The ECR file is basically just a series of string literals separated by code snippets. We can’t change the code snippets at runtime, but the strings are fair game. I did wonder if you could do something where you wrap each code section in a Proc or conditional and if they get removed or re-ordered you could only evaluate the ones that remained in the file, but since they can have any inter-dependence (defining variables, etc) this would get very fragile very quickly. Although since like 95% of the time what I want to change is a misspelled HTML class attribute, being able to update the text content of the template is a huge improvement.

I wrote then re-wrote it a few times, and the end result is much simpler than I was expecting at the start. The most important thing is failing fast if the ECR file has changed in a way that we can’t render it anymore. Any change to the actual code will invalidate the template and the code will have to be recompiled to pick up the changes.

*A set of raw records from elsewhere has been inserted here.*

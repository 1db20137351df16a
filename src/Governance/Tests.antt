-- ===== src/Governance/Tests.antt =====
-- The governance theorems at a concrete registry: two versions of one class, the first its
-- champion, the second its challenger.
use gpuopt.Base.{ℕ, ◌≡◌, true, refl, String, Option, none, some, [], ◌∷◌, string_eq, arith}
use gpuopt.Base.Dict.{lookup}
use gpuopt.Governance.Models.{
  Uuid, cost_estimation, action_class_eq, ModelStatus, draft, challenger, champion, ApprovalStatus,
  pending, ModelVersion, ApprovalRequest, GovernanceConfig, ModelActionClass-discrete,
}
use gpuopt.Governance.Registry.{
  ModelRegistry, empty_registry, register, get, update_status, get_champion, get_challenger,
  promote_challenger, assign, version_at,
}
use gpuopt.Governance.Registry.Laws.{IsSound}
use gpuopt.Governance.Registry.Runs.{registers, updates, Reachable, start, step, Reachable-IsSound}
use gpuopt.Governance.Registry.Promotion.{with_status, promote_challenger_effect}
use gpuopt.Governance.Approval.{reject, requires_approval}
use gpuopt.Governance.Approval.Laws.{rejected_still_champion}
use gpuopt.Governance.Governor.{Governor, set_champion, predict, model}
use gpuopt.Governance.Governor.Laws.{set_champion_exact}
use gpuopt.Governance.Governor.Predict.{predict_model_iff, Agrees}

abbrev version_named : Uuid → Option String → ModelVersion
version_named vid by = record {
  id = vid;
  model_name = "cost";
  version = vid;
  action_class = cost_estimation;
  status = draft;
  owner = "ann";
  created_at = 0;
  updated_at = 0;
  training_data_window_end = none;
  approved_by = by;
  approved_at = none;
  approval_note = "";
  certification_days = 90;
  certified_until = none;
}

abbrev first : ModelVersion
first = version_named "a" (some "bob")

abbrev second : ModelVersion
second = version_named "b" none

abbrev with_first : ModelRegistry
with_first = (update_status "a" champion 5 (register first empty_registry)).1

abbrev with_both : ModelRegistry
with_both = (update_status "b" challenger 6 (register second with_first)).1

second_is_new : lookup "b" with_first.versions ≡ none
unfolding update_status register assign
second_is_new = refl

with_both-Reachable : Reachable with_both
with_both-Reachable =
    step
      (step (step (step start (registers first empty_registry refl)) (updates "a" champion 5 _))
        (registers second with_first second_is_new))
      (updates "b" challenger 6 _)

with_both-IsSound : IsSound with_both
with_both-IsSound = Reachable-IsSound with_both-Reachable

Reachable-IsSound_example : IsSound with_both
Reachable-IsSound_example = Reachable-IsSound with_both-Reachable

champion_first : get_champion cost_estimation with_both ≡ some (with_status champion 5 first)
unfolding update_status register assign get_champion version_at ModelActionClass-discrete
champion_first = refl

challenger_second :
    get_challenger cost_estimation with_both ≡ some (with_status challenger 6 second)
unfolding update_status register assign get_challenger version_at ModelActionClass-discrete
challenger_second = refl

promote_challenger_effect_example :
    get_champion cost_estimation (promote_challenger cost_estimation 9 with_both).1
    ≡ some (with_status champion 9 second)
promote_challenger_effect_example =
    (promote_challenger_effect cost_estimation 9 with_both (with_status challenger 6 second)
      with_both-IsSound challenger_second).1

abbrev config : GovernanceConfig
config = record {
  fallback = record {
    enabled = true;
    confidence_threshold = 60;
    max_data_stale_hours = 168;
    drift_score_threshold = 30;
    max_fallback_duration_hours = 24;
  };
  high_impact_action_classes = cost_estimation ∷ [];
  recertification_reminder_days = 14;
}

abbrev governor : Governor
governor = record { registry = with_both; requests = []; starts = [] }

first_stored : get "a" with_both ≡ some (with_status champion 5 first)
unfolding update_status register assign
first_stored = refl

second_stored : get "b" with_both ≡ some (with_status challenger 6 second)
unfolding update_status register assign
second_stored = refl

second_needs_approval : requires_approval config (with_status challenger 6 second) ≡ true
unfolding requires_approval ModelActionClass-discrete
second_needs_approval = refl

-- The unapproved second version is promoted by a request for the approved first one.
set_champion_exact_example :
    ((set_champion config "a" 9 governor).0 ≡ some (with_status champion 9 second))
    × (get_champion cost_estimation (set_champion config "a" 9 governor).1.registry
        ≡ some (with_status champion 9 second))
set_champion_exact_example =
    (set_champion_exact config "a" 9 governor with_both-IsSound).0 (with_status challenger 6 second)
      (
        with_status champion 5 first,
        first_stored,
        ((λ needed q. cc), (λ t e. absurd cc)),
        challenger_second,
      )

predict_model_iff_example :
    (predict config cost_estimation 80 (10 ∷ []) 9 governor).0 ≡ model "a" 80
predict_model_iff_example =
    (predict_model_iff config cost_estimation 80 (10 ∷ []) 9 governor (with_status champion 5 first)
        with_both-IsSound champion_first).1
      (λ h. (omega arith, (omega arith, tt), (λ t e. absurd cc)))

governor-Agrees : Agrees governor
unfolding update_status register assign
governor-Agrees c = refl

abbrev request_for : Uuid → ApprovalStatus → Option ℕ → ApprovalRequest
request_for vid s until = record {
  id = "r";
  model_version_id = vid;
  action_class = cost_estimation;
  requested_by = "ann";
  requested_at = 1;
  status = s;
  reviewed_by = none;
  reviewed_at = none;
  review_notes = "";
  certification_period_days = 90;
  certified_until = until;
}

rejected_still_champion_example :
    get_champion cost_estimation
      (reject "r" "eve" "no" 9 (with_both, ("r", request_for "a" pending none) ∷ [])).1.0
    ≡ some (with_status ModelStatus.rejected 9 first)
rejected_still_champion_example =
    rejected_still_champion "r" "eve" "no" 9 with_both (("r", request_for "a" pending none) ∷ [])
      (request_for "a" pending none) cost_estimation (with_status champion 5 first)
      with_both-IsSound refl champion_first refl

The processor that runs at compile time generates very similar code to the actual ECR processor. To check whether the code has changed, it builds a list of all the code snippets as strings. At the start of the generated code I call a helper method that takes this list, rereads the ECR file, and iterates through the tokens. If any code token is different or missing, the file has changed too much and we throw an exception. Otherwise we return a list of new strings that will replace the string literals. The generated code takes this list and inserts strings based on their index in the file (since that won’t change, since we’ll have failed already in that case).

Here’s the (slightly abridged) generated code for the ECR example above:

strings = Geode::HTMLSafeECR::RuntimeLoader.get_strings(
  "test.ecr",
  [nil, " 1 << 10 ", nil]
)
io << strings[0]
(1 << 10).to_html io
io << strings[1]

The array passed to get_strings is generated from the original ECR file contents. Each nil is where there’s a string literal—something that can be replaced—and every non-nil string is a bit of code that must remain in the altered ECR file.1

On release builds, all this code is removed and I swap back over to the boring compile-time-only processor, so all of this nonsense disappears and it works just like a normal ECR.

I’ve added this to the HTML-safe ECR generator in Geode—that I wrote about the other day—and have also simplified that code a whole bunch by splitting out the HTML-generating code into to_html, which removed the need for the Builder wrapper and unsafe_write method entirely. This has simplified the model of composable components, meaning that any object can override to_html and be inserted into an ECR template with <%= %>, and the escaping (or lack thereof) will work as you’d expect. You can see this commit in endash as an example of swapping templates over to use this method.

  1. I should actually check the type of code block (whether it’s output or control or whatnot) but I haven’t been bothered yet.